Some reactions, particularly those involving liquids, remain exceptionally difficult to predict. Benjamin Chen and Xinglong Zhang, Scientists at A*STAR’s Institute of High Performance Computing (IHPC), highlight the complexity of predicting the behaviour of liquids in chemical reactions. “There is not one ‘best’ arrangement of liquids,” they explained. “An ensemble of arrangements may be present as the solvent molecules fluctuate over time.”
These infinite arrangements mean that there are high computational costs to adequately sample the representative structures in a liquid reaction via molecular dynamics simulations. For instance, quantum-mechanical calculations require about 10 minutes per time step. “This translates to the entire calculation requiring 20 years,” said Chen and Zhang.

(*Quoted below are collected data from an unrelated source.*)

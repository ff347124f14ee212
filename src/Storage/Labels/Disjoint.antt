-- ===== src/Storage/Labels/Disjoint.antt =====
-- The labels of rust/src/snapshot_storage.rs keep the objects of the storage trait apart.
use openmls_dart.Prelude.{
  ℕ, ◌≡◌, inl, inr, refl, sym, ap, ◌∙◌, Bool, true, false, ◌||◌, List, [], ◌∷◌, ◌++◌, arith, Bytes,
  bytes_eq, bytes_eq_iff, starts_with, ◌==◌, all, any, append_assoc, to_be_bytes, eq_of_bytes_eq,
  starts_with-append, bytes_eq_comm, if◌then◌else◌, Bool-cases, &&-eq-true,
}
use mathlib.Core.List.{append_cancel_left, append_cancel_right}
use openmls_dart.Storage.Labels.{
  build_key, is_global_key, global_labels, key_package_label, psk_label, encryption_key_pair_label,
  signature_key_pair_label, epoch_key_pairs_label, tree_label, group_context_label,
  interim_transcript_hash_label, confirmation_tag_label, join_config_label, own_leaf_nodes_label,
  group_state_label, queued_proposal_label, proposal_queue_refs_label, own_leaf_node_index_label,
  epoch_secrets_label, resumption_psk_store_label, message_secrets_label,
}

-- Every label of the module, the four global ones first.
abbrev pub labels : List Bytes
labels =
    key_package_label ∷ psk_label ∷ encryption_key_pair_label ∷ signature_key_pair_label
    ∷ epoch_key_pairs_label ∷ tree_label ∷ group_context_label ∷ interim_transcript_hash_label
    ∷ confirmation_tag_label ∷ join_config_label ∷ own_leaf_nodes_label ∷ group_state_label
    ∷ queued_proposal_label ∷ proposal_queue_refs_label ∷ own_leaf_node_index_label
    ∷ epoch_secrets_label ∷ resumption_psk_store_label ∷ message_secrets_label ∷ []

abbrev pub IsLabel : Bytes → Type 0
IsLabel l = any (bytes_eq l) labels ≡ true

-- Two byte strings differ at a place that both have.
clash : Bytes → Bytes → Bool
clash [] ys = false
clash (x ∷ xs) [] = false
clash (x ∷ xs) (y ∷ ys) = if x == y then clash xs ys else true

clash-append : (xs ys us vs : Bytes) → clash xs ys ≡ true → clash (xs ++ us) (ys ++ vs) ≡ true
unfolding clash
clash-append [] ys us vs h = cc
clash-append (x ∷ xs) [] us vs h = cc
clash-append (x ∷ xs) (y ∷ ys) us vs h = ground (arith, clash-append xs ys us vs)

clash_irrefl : (xs : Bytes) → clash xs xs ≡ false
unfolding clash
clash_irrefl [] = refl
clash_irrefl (x ∷ xs) = ground (arith, clash_irrefl xs)

starts_with-clash : (xs ys us : Bytes) → clash xs ys ≡ true → starts_with xs (ys ++ us) ≡ false
unfolding clash starts_with
starts_with-clash [] ys us h = cc
starts_with-clash (x ∷ xs) [] us h = cc
starts_with-clash (x ∷ xs) (y ∷ ys) us h = ground (arith, starts_with-clash xs ys us)

-- What a test says of every entry it says of one that is found.
all_at :
    (p : Bytes → Bool) (l : Bytes) (xs : List Bytes)
    → all p xs ≡ true
    → any (bytes_eq l) xs ≡ true
    → p l ≡ true
all_at p l [] a h = cc
all_at p l (x ∷ xs) a h = ground (arith, bytes_eq_iff l x, all_at p l xs)

apart_table : all (λ l. all (λ m. bytes_eq l m || clash l m) labels) labels ≡ true
unfolding bytes_eq clash
apart_table = refl

labels_apart : (l m : Bytes) → IsLabel l → IsLabel m → (bytes_eq l m || clash l m) ≡ true
labels_apart l m hl hm =
    all_at (λ m'. bytes_eq l m' || clash l m') m labels
      (all_at (λ l'. all (λ m'. bytes_eq l' m' || clash l' m') labels) l labels apart_table hl) hm

-- Composite keys that agree have labels that agree, since no label clashes with itself.
clash-build_key :
    (v : ℕ) (l m k j : Bytes) → clash l m ≡ true → build_key v l k ≡ build_key v m j → ⊥
unfolding build_key
clash-build_key v l m k j c e = cc (
  clash-append (l ++ k) (m ++ j) (to_be_bytes 2 v) (to_be_bytes 2 v) (clash-append l m k j c),
  clash_irrefl ((m ++ j) ++ to_be_bytes 2 v),
)

build_key-cancel : (v : ℕ) (l k j : Bytes) → build_key v l k ≡ build_key v l j → k ≡ j
unfolding build_key
build_key-cancel v l k j e =
    append_cancel_left l k j (append_cancel_right (l ++ k) (l ++ j) (to_be_bytes 2 v) e)

-- Two rows of the same storage version, under labels of the module, have the same key only if label
-- and key bytes agree.
pub build_key_injective :
    (v : ℕ) (l m k j : Bytes)
    → IsLabel l
    → IsLabel m
    → build_key v l k ≡ build_key v m j
    → (l ≡ m) × (k ≡ j)
build_key_injective v l m k j hl hm e = elim (Bool-cases (bytes_eq l m)) [
  | inl h ↦ (
    eq_of_bytes_eq l m h,
    build_key-cancel v m k j (ap (λ t. build_key v t k) (sym (eq_of_bytes_eq l m h)) ∙ e),
  )
  | inr n ↦ absurd (clash-build_key v l m k j (rw n at (labels_apart l m hl hm)) e)
]

global_table : all (λ l. all (λ g. bytes_eq g l || clash g l) global_labels) labels ≡ true
unfolding bytes_eq clash
global_table = refl

any-starts_with :
    (l us : Bytes) (gs : List Bytes)
    → all (λ g. bytes_eq g l || clash g l) gs ≡ true
    → any (λ g. starts_with g (l ++ us)) gs ≡ any (bytes_eq l) gs
any-starts_with l us [] h = refl
any-starts_with l us (g ∷ gs) h = elim (Bool-cases (bytes_eq g l)) [
  | inl e ↦ rw (bytes_eq_comm l g, e, starts_with_own g e)
  | inr n ↦
      rw (bytes_eq_comm l g, n, starts_with-clash g l us (rw n at h_now))
        (any-starts_with l us gs h_rest)
]
  where
    h_now : (bytes_eq g l || clash g l) ≡ true
    h_now = (&&-eq-true _ _ h).0

    h_rest : all (λ g'. bytes_eq g' l || clash g' l) gs ≡ true
    h_rest = (&&-eq-true (bytes_eq g l || clash g l) _ h).1

    starts_with_own : (g' : Bytes) → bytes_eq g' l ≡ true → starts_with g' (l ++ us) ≡ true
    starts_with_own g' e = rw (eq_of_bytes_eq g' l e) (starts_with-append l us)

-- Whether a row under a label of the module is installation-global is decided by its label alone,
-- whatever its key bytes are.
pub is_global_key-build_key :
    (v : ℕ) (l k : Bytes)
    → IsLabel l
    → is_global_key (build_key v l k) ≡ any (bytes_eq l) global_labels
unfolding is_global_key build_key
is_global_key-build_key v l k hl = rw append_assoc (
    any-starts_with l (k ++ to_be_bytes 2 v) global_labels
      (all_at (λ m. all (λ g. bytes_eq g m || clash g m) global_labels) l labels global_table hl))
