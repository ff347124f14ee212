-- ===== src/Storage/Provider.antt =====
-- `impl StorageProvider for SnapshotStorageProvider` of rust/src/snapshot_storage.rs, method by
-- method: writers, readers and deleters of single values, own leaf nodes, epoch key pairs and
-- proposals.
pub mod Writers
pub mod Readers
pub mod Deleters
pub mod Lists
pub mod Queue
pub mod Deleted
pub mod Cleared
pub mod Untouched
pub mod Objects
pub mod Interference
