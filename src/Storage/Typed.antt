-- ===== src/Storage/Typed.antt =====
-- The typed rows of rust/src/snapshot_storage.rs. serde_json and the version number of
-- openmls_traits are not part of the repository: they are the parameters `Serialize`, `Deserialize` and
-- `SerdeJson`.
-- A method on `&self` is an action on the provider, which keeps what it has written when it fails.
pub mod Laws
pub mod Frames
use openmls_dart.Prelude.{
  ℕ, ◌≡◌, Bool, Option, none, some, List, [], ◌∷◌, ◌++◌, String, Bytes, bytes_eq, if◌then◌else◌,
  Result, ok, err, map_err, to_be_bytes,
}
use openmls_dart.Prelude
use openmls_dart.Storage.Labels.{build_key, epoch_key_pairs_label}
use openmls_dart.Storage.Snapshot.{SnapshotStorageProvider, kv_write, kv_read, kv_delete}

pub data SnapshotStorageError : Type 0 where
  serialization : String → SnapshotStorageError
  missing_group_state : SnapshotStorageError

-- `serde_json::to_vec` at one type, with the texts of its errors.
pub record Serialize (A : Type 0) : Type 0 where
  pub to_vec : A → Result String Bytes

-- `serde_json::from_slice` at one type.
pub record Deserialize (A : Type 0) : Type 0 where
  pub from_slice : Bytes → Result String A

-- What else the module takes from outside: `serde_json::Value`, the text of a pair of values, lists
-- of byte strings, the number `CURRENT_VERSION`, and the leaf index of an epoch key.
pub record SerdeJson : Type 1 where
  pub Value : Type 0
  pub pair_to_vec : Value → Value → Result String Bytes
  pub list_to_vec : List Bytes → Result String Bytes
  pub list_from_slice : Bytes → Result String (List Bytes)
  pub current_version : ℕ
  pub leaf_index_to_vec : ℕ → Result String Bytes

-- `serde_json::to_value` at one type.
pub record ToValue (Value A : Type 0) : Type 0 where
  pub to_value : A → Result String Value

abbrev pub Exec : Type 0 → Type 0
Exec A = SnapshotStorageProvider → Result SnapshotStorageError A × SnapshotStorageProvider

abbrev pub continue : {A B : Type 0} → Result SnapshotStorageError A → (A → Exec B) → Exec B
continue (ok a) f p = f a p
continue (err e) f p = (err e, p)

infixl 5 ◌>>=◌ ◌>>◌
abbrev pub ◌>>=◌ : {A B : Type 0} → Exec A → (A → Exec B) → Exec B
◌>>=◌ m f p = continue (m p).0 f (m p).1

abbrev pub ◌>>◌ : {B : Type 0} → Exec (Unit {0}) → Exec B → Exec B
m >> n = m >>= λ _. n

abbrev pub pure : {A : Type 0} → A → Exec A
pure a p = (ok a, p)

abbrev pub lift : {A : Type 0} → Result SnapshotStorageError A → Exec A
lift r p = (r, p)

-- `.map_err(|e| SnapshotStorageError::Serialization(e.to_string()))?`.
abbrev pub serde : {A : Type 0} → Result String A → Exec A
serde r p = (map_err serialization r, p)

abbrev pub write : Bytes → Bytes → Exec (Unit {0})
write k v p = (ok tt, kv_write k v p)

abbrev pub read : Bytes → Exec (Option Bytes)
read k p = (ok (kv_read k p), p)

abbrev pub delete : Bytes → Exec (Unit {0})
delete k p = (ok tt, kv_delete k p)

-- `match` on what is found: `None` is no error.
abbrev pub deserialize_found : {A : Type 0} ⦃vs : Deserialize A⦄ → Option Bytes → Exec (Option A)
deserialize_found none = pure none
deserialize_found ⦃vs⦄ (some bytes) = do value ← serde (vs.from_slice bytes); pure (some value)

module _ {K : Type 0} ⦃ks : Serialize K⦄ where
  -- `build_key_serde`, on its way to a storage key.
  unfoldable pub build_key_serde : ℕ → Bytes → K → Result SnapshotStorageError Bytes
  build_key_serde v label key =
      Prelude.◌>>=◌ (map_err serialization (ks.to_vec key))
        (λ key_bytes. ok (build_key v label key_bytes))

  unfoldable pub write_val : {A : Type 0} ⦃vs : Serialize A⦄ → ℕ → Bytes → K → A → Exec (Unit {0})
  write_val ⦃vs⦄ v label key value = do
    storage_key ← lift (build_key_serde v label key)
    val_bytes ← serde (vs.to_vec value)
    write storage_key val_bytes

  unfoldable pub read_val : {A : Type 0} ⦃vs : Deserialize A⦄ → ℕ → Bytes → K → Exec (Option A)
  read_val v label key = do
    storage_key ← lift (build_key_serde v label key)
    found ← read storage_key
    deserialize_found found

  unfoldable pub delete_val : ℕ → Bytes → K → Exec (Unit {0})
  delete_val v label key = do storage_key ← lift (build_key_serde v label key); delete storage_key

-- The loop of `read_list` takes items from the end: of two bad items the later one is reported.
unfoldable pub from_items :
    {A : Type 0} ⦃vs : Deserialize A⦄ → List Bytes → Result SnapshotStorageError (List A)
from_items [] = ok []
from_items ⦃vs⦄ (item ∷ items) = Prelude.◌>>=◌ (from_items items) (λ rest.
    Prelude.◌>>=◌ (map_err serialization (vs.from_slice item)) (λ value. ok (value ∷ rest)))

-- `position` and `remove`: the first equal item goes.
unfoldable pub remove_first : Bytes → List Bytes → List Bytes
remove_first item [] = []
remove_first item (x ∷ xs) = if bytes_eq x item then xs else x ∷ remove_first item xs

module _ (json : SerdeJson) where
  -- The stored list, empty where there is no row.
  abbrev pub stored_list : Option Bytes → Exec (List Bytes)
  stored_list none = pure []
  stored_list (some bytes) = serde (json.list_from_slice bytes)

  -- Behind the `match`: with no row nothing happens.
  unfoldable pub remove_found : Bytes → Bytes → Option Bytes → Exec (Unit {0})
  remove_found storage_key item none = pure tt
  remove_found storage_key item (some bytes) = do
    list ← serde (json.list_from_slice bytes)
    val_bytes ← serde (json.list_to_vec (remove_first item list))
    write storage_key val_bytes

  module _ {K : Type 0} ⦃ks : Serialize K⦄ where
    unfoldable pub append_to_list : ℕ → Bytes → K → Bytes → Exec (Unit {0})
    append_to_list v label key item = do
      storage_key ← lift (build_key_serde v label key)
      found ← read storage_key
      list ← stored_list found
      val_bytes ← serde (json.list_to_vec (list ++ item ∷ []))
      write storage_key val_bytes

    unfoldable pub read_list : {A : Type 0} ⦃vs : Deserialize A⦄ → ℕ → Bytes → K → Exec (List A)
    read_list v label key = do
      storage_key ← lift (build_key_serde v label key)
      found ← read storage_key
      raw_list ← stored_list found
      lift (from_items raw_list)

    unfoldable pub remove_from_list : ℕ → Bytes → K → Bytes → Exec (Unit {0})
    remove_from_list v label key item = do
      storage_key ← lift (build_key_serde v label key)
      found ← read storage_key
      remove_found storage_key item found

  module _ {G E : Type 0} ⦃gs : Serialize G⦄ ⦃es : Serialize E⦄ where
    unfoldable pub build_epoch_key : ℕ → G → E → ℕ → Result SnapshotStorageError Bytes
    build_epoch_key v group_id epoch leaf_index =
        Prelude.◌>>=◌ (map_err serialization (gs.to_vec group_id)) (λ group_bytes.
          Prelude.◌>>=◌ (map_err serialization (es.to_vec epoch)) (λ epoch_bytes.
            Prelude.◌>>=◌ (map_err serialization (json.leaf_index_to_vec leaf_index)) (λ leaf_bytes.
              ok (build_key v epoch_key_pairs_label (group_bytes ++ epoch_bytes ++ leaf_bytes)))))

While implicit solvation models are faster and less expensive for simulating solvent interactions, they’re often inaccurate, missing critical details like hydrogen bonding and molecular disorder. To address these shortcomings, the team proposed using machine learning interatomic potentials (MLIPs). These models learn from existing data to swiftly and accurately simulate complex chemical systems at the atomic level.

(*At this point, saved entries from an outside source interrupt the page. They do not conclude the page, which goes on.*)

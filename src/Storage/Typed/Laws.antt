-- ===== src/Storage/Typed/Laws.antt =====
-- Typed rows of rust/src/snapshot_storage.rs are read back as they were written, and writing one
-- leaves every other one alone.
use openmls_dart.Prelude.{
  ℕ, ◌≡◌, ◌≢◌, sym, ◌∙◌, false, none, some, Bytes, bytes_eq, bytes_eq_refl, Result, ok,
  Result-split, inl, inr, Bool-cases, Option-cases, eq_of_bytes_eq,
}
use openmls_dart.Storage.Rows.{get-insert, get-remove}
use openmls_dart.Storage.Labels.{build_key}
use openmls_dart.Storage.Labels.Disjoint.{IsLabel, build_key_injective}
use openmls_dart.Storage.Snapshot.{SnapshotStorageProvider, kv_write, kv_read, kv_delete}
use openmls_dart.Storage.Typed.{
  SnapshotStorageError, Serialize, Deserialize, deserialize_found, build_key_serde, write_val,
  read_val, delete_val,
}

-- What serde promises of a type: a value that is written is read back.
abbrev pub Restores : {A : Type 0} → Serialize A → Deserialize A → Type 0
Restores {A} vs vd = (a : A) (bytes : Bytes) → vs.to_vec a ≡ ok bytes → vd.from_slice bytes ≡ ok a

pub read-write : (k v : Bytes) (p : SnapshotStorageProvider) → kv_read k (kv_write k v p) ≡ some v
unfolding kv_read kv_write
read-write k v p = get-insert k k v p.current ∙ rw (bytes_eq_refl k)

pub read-write_ne :
    (k j v : Bytes) (p : SnapshotStorageProvider)
    → bytes_eq k j ≡ false
    → kv_read j (kv_write k v p) ≡ kv_read j p
unfolding kv_read kv_write
read-write_ne k j v p n = get-insert k j v p.current ∙ rw n

pub read-delete : (k : Bytes) (p : SnapshotStorageProvider) → kv_read k (kv_delete k p) ≡ none
unfolding kv_read kv_delete
read-delete k p = get-remove k k p.current ∙ rw (bytes_eq_refl k)

pub read-delete_ne :
    (k j : Bytes) (p : SnapshotStorageProvider)
    → bytes_eq k j ≡ false
    → kv_read j (kv_delete k p) ≡ kv_read j p
unfolding kv_read kv_delete
read-delete_ne k j p n = get-remove k j p.current ∙ rw n

module _ {K A : Type 0} ⦃ks : Serialize K⦄ ⦃vs : Serialize A⦄ ⦃vd : Deserialize A⦄ (v : ℕ)
    (label : Bytes) (key : K) (p : SnapshotStorageProvider) where
  -- A successful write has a key and a value, and is the write of one row.
  write_val-row :
      (value : A)
      → (write_val v label key value p).0 ≡ ok tt
      → (k : Bytes) × (bytes : Bytes) × (build_key_serde v label key ≡ ok k)
        × (vs.to_vec value ≡ ok bytes)
        × (write_val v label key value p ≡ (ok tt, kv_write k bytes p))
  unfolding write_val
  write_val-row value h = elim (Result-split (build_key_serde v label key)) [
    | inr (e, bad) ↦ absurd (cc (rw bad at h))
    | inl (k, good) ↦ elim (Result-split (vs.to_vec value)) [
      | inr (e, bad) ↦ absurd (cc (rw (good, bad) at h))
      | inl (bytes, fine) ↦ (k, bytes, good, fine, rw (good, fine))
    ]
  ]

  pub read_val-write_val :
      (value : A)
      → Restores vs vd
      → (write_val v label key value p).0 ≡ ok tt
      → (read_val v label key (write_val v label key value p).1).0 ≡ ok (some value)
  unfolding read_val
  read_val-write_val value restores h =
      let (k, bytes, good, fine, row) = write_val-row value h in
      rw (row, good, read-write k bytes p, restores value bytes fine)

  pub read_val-delete_val :
      (delete_val v label key p).0 ≡ ok tt
      → (read_val {A = A} v label key (delete_val v label key p).1).0 ≡ ok none
  unfolding read_val delete_val
  read_val-delete_val h = elim (Result-split (build_key_serde v label key)) [
    | inr (e, bad) ↦ absurd (cc (rw bad at h))
    | inl (k, good) ↦ rw (good, read-delete k p)
  ]

pub build_key_serde-eq-ok :
    {K : Type 0} ⦃ks : Serialize K⦄ (v : ℕ) (label : Bytes) (key : K) {k : Bytes}
    → build_key_serde v label key ≡ ok k
    → (key_bytes : Bytes) × (ks.to_vec key ≡ ok key_bytes) × (k ≡ build_key v label key_bytes)
unfolding build_key_serde
build_key_serde-eq-ok ⦃ks⦄ v label key h = elim (Result-split (ks.to_vec key)) [
  | inr (e, bad) ↦ absurd (cc (rw bad at h))
  | inl (key_bytes, good) ↦ (key_bytes, good, key_of (rw good at h))
]
  where
    key_of : {a b : Bytes} → ◌≡◌ {A = Result SnapshotStorageError Bytes} (ok a) (ok b) → b ≡ a
    key_of e = cc

-- Keys under different labels are different.
other_label :
    {K J : Type 0} ⦃ks : Serialize K⦄ ⦃js : Serialize J⦄ (v : ℕ) (l m : Bytes) (key : K) (other : J)
    {k j : Bytes}
    → IsLabel l
    → IsLabel m
    → l ≢ m
    → build_key_serde v l key ≡ ok k
    → build_key_serde v m other ≡ ok j
    → bytes_eq k j ≡ false
other_label v l m key other {k} {j} hl hm ne hk hj = elim (Bool-cases (bytes_eq k j)) [
  | inr n ↦ n
  | inl e ↦
      let (kb, _, ke) = build_key_serde-eq-ok v l key hk in
      let (jb, _, je) = build_key_serde-eq-ok v m other hj in
      absurd (ne (build_key_injective v l m kb jb hl hm (sym ke ∙ eq_of_bytes_eq k j e ∙ je)).0)
]

module _ {K A J B : Type 0} ⦃ks : Serialize K⦄ ⦃vs : Serialize A⦄ ⦃js : Serialize J⦄
    ⦃ws : Deserialize B⦄ (v : ℕ) (l m : Bytes) (key : K) (other : J) (value : A)
    (p : SnapshotStorageProvider) where
  -- Whether or not a write succeeds, a row under another label reads as it did before, whatever the
  -- two keys are.
  pub read_val-write_val_ne :
      IsLabel l
      → IsLabel m
      → l ≢ m
      → (read_val {A = B} v m other (write_val v l key value p).1).0
        ≡ (read_val {A = B} v m other p).0
  unfolding read_val write_val
  read_val-write_val_ne hl hm ne = elim (Result-split (build_key_serde v l key)) [
    | inr (e, bad) ↦ rw bad
    | inl (k, good) ↦ elim (Result-split (vs.to_vec value)) [
      | inr (e, bad) ↦ rw (good, bad)
      | inl (bytes, fine) ↦ elim (Result-split (build_key_serde v m other)) [
        | inr (e, bad) ↦ rw (good, fine, bad)
        | inl (j, there) ↦
            rw
              (
                good,
                fine,
                there,
                read-write_ne k j bytes p (other_label v l m key other hl hm ne good there),
              )
              (found_elsewhere j bytes k)
      ]
    ]
  ]
    where
      found_elsewhere :
          (j bytes k : Bytes)
          → (deserialize_found {A = B} (kv_read j p) (kv_write k bytes p)).0
            ≡ (deserialize_found {A = B} (kv_read j p) p).0
      found_elsewhere j bytes k = elim (Option-cases (kv_read j p)) [
        | inl gone ↦ rw gone
        | inr (b, there) ↦ elim (Result-split (ws.from_slice b)) [
          | inl (x, parsed) ↦ rw (there, parsed)
          | inr (e, bad) ↦ rw (there, bad)
        ]
      ]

“MLIPs, unlike quantum-mechanical calculations, do not have to solve Schrödinger’s equations and obtain the wavefunction of the system,” said Zhang and Chen, noting that this makes MLIPs up to 10,000 times faster, reducing the time for one million timesteps from 20 years to 24 hours.

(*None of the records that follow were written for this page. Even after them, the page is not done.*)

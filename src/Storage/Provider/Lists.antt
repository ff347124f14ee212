-- ===== src/Storage/Provider/Lists.antt =====
-- The methods of rust/src/snapshot_storage.rs over lists: own leaf nodes, queued proposals and their
-- references, and the key pairs of an epoch.
use openmls_dart.Prelude.{ℕ, Option, none, some, List, [], ◌∷◌, Bytes}
use openmls_dart.Storage.Labels.{
  own_leaf_nodes_label, proposal_queue_refs_label, queued_proposal_label,
}
use openmls_dart.Storage.Typed.{
  Serialize, Deserialize, SerdeJson, ToValue, Exec, ◌>>=◌, ◌>>◌, pure, lift, serde, write, read,
  delete, write_val, read_val, delete_val, append_to_list, read_list, remove_from_list,
  build_epoch_key,
}

module _ (json : SerdeJson) where
  -- The key `(Value, Value)` of a queued proposal.
  instance abbrev pub pair_key : Serialize (json.Value × json.Value)
  pair_key = record { to_vec = λ p. json.pair_to_vec p.0 p.1 }

  module _ {G : Type 0} ⦃gs : Serialize G⦄ where
    unfoldable pub append_own_leaf_node : {L : Type 0} ⦃ls : Serialize L⦄ → G → L → Exec (Unit {0})
    append_own_leaf_node ⦃ls⦄ group_id leaf_node = do
      item ← serde (ls.to_vec leaf_node)
      append_to_list json json.current_version own_leaf_nodes_label group_id item

    unfoldable pub own_leaf_nodes : {L : Type 0} ⦃ld : Deserialize L⦄ → G → Exec (List L)
    own_leaf_nodes group_id = read_list json json.current_version own_leaf_nodes_label group_id

    unfoldable pub queued_proposal_refs : {R : Type 0} ⦃rd : Deserialize R⦄ → G → Exec (List R)
    queued_proposal_refs group_id =
        read_list json json.current_version proposal_queue_refs_label group_id

  module _ {G R : Type 0} ⦃gv : ToValue json.Value G⦄ ⦃rv : ToValue json.Value R⦄ where
    unfoldable pub composite_key : G → R → Exec (json.Value × json.Value)
    composite_key group_id proposal_ref = do
      group_value ← serde (gv.to_value group_id)
      ref_value ← serde (rv.to_value proposal_ref)
      pure (group_value, ref_value)

    -- The loop of `queued_proposals`: a reference with no proposal is passed over.
    unfoldable pub proposals_of :
        {Q : Type 0} ⦃qd : Deserialize Q⦄ → G → List R → Exec (List (R × Q))
    proposals_of group_id [] = pure []
    proposals_of {Q} group_id (prop_ref ∷ refs) = do
      key ← composite_key group_id prop_ref
      found ← read_val {A = Q} json.current_version queued_proposal_label key
      rest ← proposals_of group_id refs
      pure (elim found [ none ↦ rest | some proposal ↦ (prop_ref, proposal) ∷ rest ])

    -- The loop of `clear_proposal_queue`.
    unfoldable pub delete_proposals : G → List R → Exec (Unit {0})
    delete_proposals group_id [] = pure tt
    delete_proposals group_id (prop_ref ∷ refs) = do
      key ← composite_key group_id prop_ref
      delete_val json.current_version queued_proposal_label key
      delete_proposals group_id refs

    module _ ⦃gs : Serialize G⦄ where
      unfoldable pub queue_proposal :
          {Q : Type 0} ⦃rs : Serialize R⦄ ⦃qs : Serialize Q⦄ → G → R → Q → Exec (Unit {0})
      queue_proposal ⦃rs⦄ group_id proposal_ref proposal = do
        key ← composite_key group_id proposal_ref
        write_val json.current_version queued_proposal_label key proposal
        ref_bytes ← serde (rs.to_vec proposal_ref)
        append_to_list json json.current_version proposal_queue_refs_label group_id ref_bytes

      unfoldable pub remove_proposal : ⦃rs : Serialize R⦄ → G → R → Exec (Unit {0})
      remove_proposal ⦃rs⦄ group_id proposal_ref = do
        key ← composite_key group_id proposal_ref
        delete_val json.current_version queued_proposal_label key
        ref_bytes ← serde (rs.to_vec proposal_ref)
        remove_from_list json json.current_version proposal_queue_refs_label group_id ref_bytes

      unfoldable pub queued_proposals :
          {Q : Type 0} ⦃rd : Deserialize R⦄ ⦃qd : Deserialize Q⦄ → G → Exec (List (R × Q))
      queued_proposals {Q} group_id = do
        refs ← read_list json {A = R} json.current_version proposal_queue_refs_label group_id
        proposals_of group_id refs

  module _ {G : Type 0} (R : Type 0) ⦃gs : Serialize G⦄ ⦃gv : ToValue json.Value G⦄
      ⦃rv : ToValue json.Value R⦄ where
    -- The type of the references is that of the caller's `ProposalRef`.
    unfoldable pub clear_proposal_queue : ⦃rd : Deserialize R⦄ → G → Exec (Unit {0})
    clear_proposal_queue group_id = do
      refs ← read_list json {A = R} json.current_version proposal_queue_refs_label group_id
      delete_proposals group_id refs
      delete_val json.current_version proposal_queue_refs_label group_id

  abbrev pub key_pairs_found :
      {P : Type 0} ⦃pd : Deserialize (List P)⦄ → Option Bytes → Exec (List P)
  key_pairs_found none = pure []
  key_pairs_found ⦃pd⦄ (some bytes) = serde (pd.from_slice bytes)

  module _ {G E : Type 0} ⦃gs : Serialize G⦄ ⦃es : Serialize E⦄ where
    unfoldable pub write_encryption_epoch_key_pairs :
        {Ps : Type 0} ⦃ps : Serialize Ps⦄ → G → E → ℕ → Ps → Exec (Unit {0})
    write_encryption_epoch_key_pairs ⦃ps⦄ group_id epoch leaf_index key_pairs = do
      storage_key ← lift (build_epoch_key json json.current_version group_id epoch leaf_index)
      val_bytes ← serde (ps.to_vec key_pairs)
      write storage_key val_bytes

    unfoldable pub encryption_epoch_key_pairs :
        {P : Type 0} ⦃pd : Deserialize (List P)⦄ → G → E → ℕ → Exec (List P)
    encryption_epoch_key_pairs group_id epoch leaf_index = do
      storage_key ← lift (build_epoch_key json json.current_version group_id epoch leaf_index)
      found ← read storage_key
      key_pairs_found found

    unfoldable pub delete_encryption_epoch_key_pairs : G → E → ℕ → Exec (Unit {0})
    delete_encryption_epoch_key_pairs group_id epoch leaf_index = do
      storage_key ← lift (build_epoch_key json json.current_version group_id epoch leaf_index)
      delete storage_key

The researchers tested different MLIPs to identify the most effective one for studying interactions between water and different materials. They validated their accuracy by comparing the results with traditional calculations and real-world data, focusing on bulk water and water-metal interfaces.
Their approach, which combined machine learning with active learning, proved successful in conducting detailed and realistic studies of liquid catalysts over extended time and length scales. Active learning continuously refines MLIPs with only the most relevant data, making simulations both faster and more accurate without needing vast initial datasets.
“We showed that our simulations are nearly as accurate as first-principles simulations, which are the current gold standard,” said Chen and Zhang.
The researchers believe MLIPs will allow the study of more complex and larger systems. Such advanced models will be crucial for accurately representing real-world catalysts in different environments, such as nanoconfined solvents or dynamically changing catalysts, which can lead to the development of more efficient chemical processes.
Chen, Zhang and colleagues are currently collaborating with researchers at the University of Alabama, US, to optimise the use and training of MLIPs further.
The A*STAR-affiliated researchers contributing to this research are from the Institute of High Performance Computing (IHPC).